Постель преобразилась. В ней вдруг заметался зверь, в неких землях известный как фараонова мышь. Виверра. По скомканному постланию липкой слюдой отсвечивали слюнявые следы выпуклых в своем золотистом пушке съедобных слизней, из которых в галльских пределах приготавливают эскарго, чтобы на французский манер насытиться. Из-за подушки изготовился выбросить молниеносный язык невесть откуда взявшийся хамелеон, перенявший цвет темных сосков груриховой соложницы. Засновали прилипалы ласки. Вся постель вдруг оказалась полна ими, этими ласками — верткими, неотвязными, жадными, хвостатыми. Хамелеон ее раззадорил — у нее ведь был тоже липкий язык, похожий на липучую бумагу забегаловок, только пустую, без мух, и она сказала: «Ты от этих яблочек весь липкий! Давай я тебя вылижу!»
— Нет!
— Я вылижу тебя всего!
— Нет! Сперва сгони хамелеона…
— Куда его сгонять?..
— Куда пожелается…
…Потом он лежал и думал о своем. Едва начался отпуск, всегдашние его причуды, которые он полагал невинной, хотя и навязчивой странностью, уже обернулись множеством настырных аналогий, поэтому — слипшийся с простыней (Сивилла ушла отмываться в ванную), он, дабы отъединиться от неотвязных своих демонов, стал раздумывать о прошлой жизни.
Его меннонитские предки, то ли шведы, то ли немцы, Грурихи в российской державе появились невесть когда. По семейным рассказам, а их почти не сохранилось, Грурихи то беднели, то, усердно трудясь, преуспевали в своем немецком тщании и вставали на ноги. Некоторые, правда, спивались, а кто-то даже угодил в Сибирь. Не то за изнасилование девочки-подпаска, не то за убийство целовальника.
Во всяком случае, родители его были бедны и там, куда семью сослали советские, проживали в ужасающем азиатском жилье, где в морозы приходилось спать в куче, накрывшись рогожами и тряпьем. Рогожами, кстати, было теплее.

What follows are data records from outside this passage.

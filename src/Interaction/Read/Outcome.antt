-- ===== src/Interaction/Read/Outcome.antt =====
-- What a GenericReadState (winrt/Projection.cpp) ends with, as a function of the callbacks it had.
use matter_winrt.Base.{
  not, All, ◌≡◌, refl, Bool, true, false, ◌&&◌, ◌||◌, Option, none, some, List, [], ◌∷◌, ◌++◌,
  if◌then◌else◌, sym, ◌∙◌, arith,
}
use mathlib.Core.List.{append_assoc, append-nil}
use matter_winrt.Chip.{ChipError, is_error}
use matter_winrt.Interaction.Read.{
  Config, State, Report, Callback, connected, connection_failed, reported, failed, done, subscribed,
  closes, initial, on_attribute_data, step, run,
}

module _ {ℓ} {V : Type ℓ} (c : Config) where
  abbrev unusable : Report V → Bool
  unusable r =
      is_error r.status
      || elim r.payload [ none ↦ true | some none ↦ true | some (some v) ↦ c.reporting && r.throws ]

  -- A callback that reports a failure.
  abbrev pub is_failure : Callback V → Bool
  is_failure (connected made send) = not made || is_error send
  is_failure (connection_failed error) = true
  is_failure (reported r) = unusable r
  is_failure (failed error) = true
  is_failure done = false
  is_failure subscribed = false
  is_failure closes = false

  abbrev pub is_close : Callback V → Bool
  is_close closes = true
  is_close _ = false

  -- A failure that comes before the first Close.
  abbrev pub failed_open : List (Callback V) → Bool
  failed_open [] = false
  failed_open (k ∷ ks) = not (is_close k) && (is_failure k || failed_open ks)

  -- OnDone of a read, after which nobody waits.
  abbrev pub is_done : Callback V → Bool
  is_done done = not c.subscription
  is_done _ = false

  abbrev pub ended : List (Callback V) → Bool
  ended [] = false
  ended (k ∷ ks) = is_close k || is_failure k || is_done k || ended ks

  -- OnError and the failure of a connection come with an error.
  abbrev pub CarriesError : Callback V → Type 0
  CarriesError (failed error) = is_error error ≡ true
  CarriesError (connection_failed error) = is_error error ≡ true
  CarriesError _ = Unit

  -- Close takes effect once and for all.
  closed-step : (s : State V) (k : Callback V) → (step c s k).closed ≡ (s.closed || is_close k)
  unfolding step
  closed-step s (connected made send) = ground arith
  closed-step s (connection_failed e) = ground arith
  closed-step s (reported r) = ground arith
  closed-step s (failed e) = ground arith
  closed-step s done = ground arith
  closed-step s subscribed = ground arith
  closed-step s closes = ground arith

  result-step :
      (s : State V) (k : Callback V)
      → CarriesError k
      → is_error (step c s k).result ≡ (is_error s.result || (not s.closed && is_failure k))
  unfolding step
  result-step s (connected made send) h = ground arith
  result-step s (connection_failed e) h = ground arith
  result-step s (reported r) h = ground arith
  result-step s (failed e) h = ground arith
  result-step s done h = ground arith
  result-step s subscribed h = ground arith
  result-step s closes h = ground arith

  complete-step :
      (s : State V) (k : Callback V)
      → (s.closed ≡ true → s.complete ≡ true)
      → (step c s k).complete ≡ (s.complete || is_close k || is_failure k || is_done k)
  unfolding step
  complete-step s (connected made send) v = ground arith
  complete-step s (connection_failed e) v = ground arith
  complete-step s (reported r) v = ground arith
  complete-step s (failed e) v = ground arith
  complete-step s done v = ground arith
  complete-step s subscribed v = ground arith
  complete-step s closes v = ground arith

  result-run :
      (s : State V) (ks : List (Callback V))
      → All CarriesError ks
      → is_error (run c s ks).result ≡ (is_error s.result || (not s.closed && failed_open ks))
  unfolding run
  result-run s [] h = ground arith
  result-run s (k ∷ ks) h =
      ground (arith, result-run (step c s k) ks h.1, result-step s k h.0, closed-step s k)

  complete-run :
      (s : State V) (ks : List (Callback V))
      → (s.closed ≡ true → s.complete ≡ true)
      → (run c s ks).complete ≡ (s.complete || ended ks)
  unfolding run
  complete-run s [] v = ground arith
  complete-run s (k ∷ ks) v =
      let e = complete-step s k v in
      ground
        (arith, complete-run (step c s k) ks (ground (arith, closed-step s k)), closed-step s k)

  -- Where the SDK's failures carry an error, a read stops waiting exactly if one of them is a failure, Close or, for
  -- a read and not for a subscription, OnDone; and it ends with an error exactly if a failure came
  -- before the first Close.
  pub read_ends_iff :
      (ks : List (Callback V))
      → All CarriesError ks
      → ((run c (initial c) ks).complete ≡ ended ks)
        × (is_error (run c (initial c) ks).result ≡ failed_open ks)
  unfolding initial
  read_ends_iff ks h =
      (ground (arith, complete-run (initial c) ks), ground (arith, result-run (initial c) ks h))

  -- The property sets that the reports carried.
  abbrev pub decoded : List (Callback V) → List V
  decoded [] = []
  decoded (reported r ∷ ks) =
      let rest = decoded ks in
      elim r.payload [
        | none ↦ rest
        | some none ↦ rest
        | some (some v) ↦ if is_error r.status then rest else v ∷ rest
      ]
  decoded (k ∷ ks) = decoded ks

  stored :
      (status : ChipError) (p : Option (Option V)) (throws : Bool) (s : State V)
      (ks : List (Callback V))
      → c.reporting ≡ true
      → let r : Report V = record { status = status; payload = p; throws = throws } in
        (on_attribute_data c r s).reports ++ decoded ks ≡ s.reports ++ decoded (reported r ∷ ks)
  unfolding on_attribute_data
  stored status none throws s ks h = ground arith
  stored status (some none) throws s ks h = ground arith
  stored status (some (some v)) throws s ks h =
      ground (arith, append_assoc s.reports (v ∷ []) (decoded ks))

  report-step :
      (s : State V) (k : Callback V) (ks : List (Callback V))
      → c.reporting ≡ true
      → (step c s k).reports ++ decoded ks ≡ s.reports ++ decoded (k ∷ ks)
  unfolding step
  report-step s (connected made send) ks h = ground arith
  report-step s (connection_failed e) ks h = ground arith
  report-step s (reported r) ks h = stored r.status r.payload r.throws s ks h
  report-step s (failed e) ks h = ground arith
  report-step s done ks h = ground arith
  report-step s subscribed ks h = ground arith
  report-step s closes ks h = ground arith

  reports-run :
      (s : State V) (ks : List (Callback V))
      → c.reporting ≡ true
      → (run c s ks).reports ≡ s.reports ++ decoded ks
  unfolding run
  reports-run s [] h = sym (append-nil s.reports)
  reports-run s (k ∷ ks) h = reports-run (step c s k) ks h ∙ report-step s k ks h

  -- The report callback is given the property set of every usable report, each once and in the order
  -- of the reports, even after a failure.
  pub reports_in_order :
      (ks : List (Callback V)) → c.reporting ≡ true → (run c (initial c) ks).reports ≡ decoded ks
  unfolding initial
  reports_in_order ks h = reports-run (initial c) ks h

  -- The last value, or the one that was there.
  abbrev pub latest : Option V → List V → Option V
  latest o [] = o
  latest o (v ∷ vs) = latest (some v) vs

  value-data :
      (status : ChipError) (p : Option (Option V)) (throws : Bool) (s : State V)
      (ks : List (Callback V))
      → let r : Report V = record { status = status; payload = p; throws = throws } in
        latest (on_attribute_data c r s).value (decoded ks)
        ≡ latest s.value (decoded (reported r ∷ ks))
  unfolding on_attribute_data
  value-data status none throws s ks = ground arith
  value-data status (some none) throws s ks = ground arith
  value-data status (some (some v)) throws s ks = ground arith

  value-step :
      (s : State V) (k : Callback V) (ks : List (Callback V))
      → latest (step c s k).value (decoded ks) ≡ latest s.value (decoded (k ∷ ks))
  unfolding step
  value-step s (connected made send) ks = ground arith
  value-step s (connection_failed e) ks = ground arith
  value-step s (reported r) ks = value-data r.status r.payload r.throws s ks
  value-step s (failed e) ks = ground arith
  value-step s done ks = ground arith
  value-step s subscribed ks = ground arith
  value-step s closes ks = ground arith

  pub value-run :
      (s : State V) (ks : List (Callback V)) → (run c s ks).value ≡ latest s.value (decoded ks)
  unfolding run
  value-run s [] = refl
  value-run s (k ∷ ks) = value-run (step c s k) ks ∙ value-step s k ks

  pub value-initial :
      (ks : List (Callback V)) → (run c (initial c) ks).value ≡ latest none (decoded ks)
  unfolding initial
  value-initial ks = value-run (initial c) ks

Что тут можно сказать о детстве? Оно было временем незабываемых в дальнейшей жизни оскорблений и отлучения ото всех игр — он же оказался «фрицем». Ему не дозволялось даже держаться за черное, когда проезжала карета скорой помощи. Все стояли и держались, а на него орали: «Не держись!» «Сдохни!», и он убирал руку в карман, но хитрил — там на всякий случай лежала черная тряпочка.
А улица и уличная шпана? Вот, например, у него была монетка, на которую он собирался купить у цыган алого леденцового петушка.
— Показать фокус? — остановила его шпана. — Есть монетка какая-нибудь? — грозно добавила она.
Грурих достал свою денежку.
Шпана, указывая на изображение герба, сказала:
— Вот звезда, а вот планета, тебе хер, а мне монета!
Затем купила на нее леденцового петуха и принялась его нагло облизывать и сосать.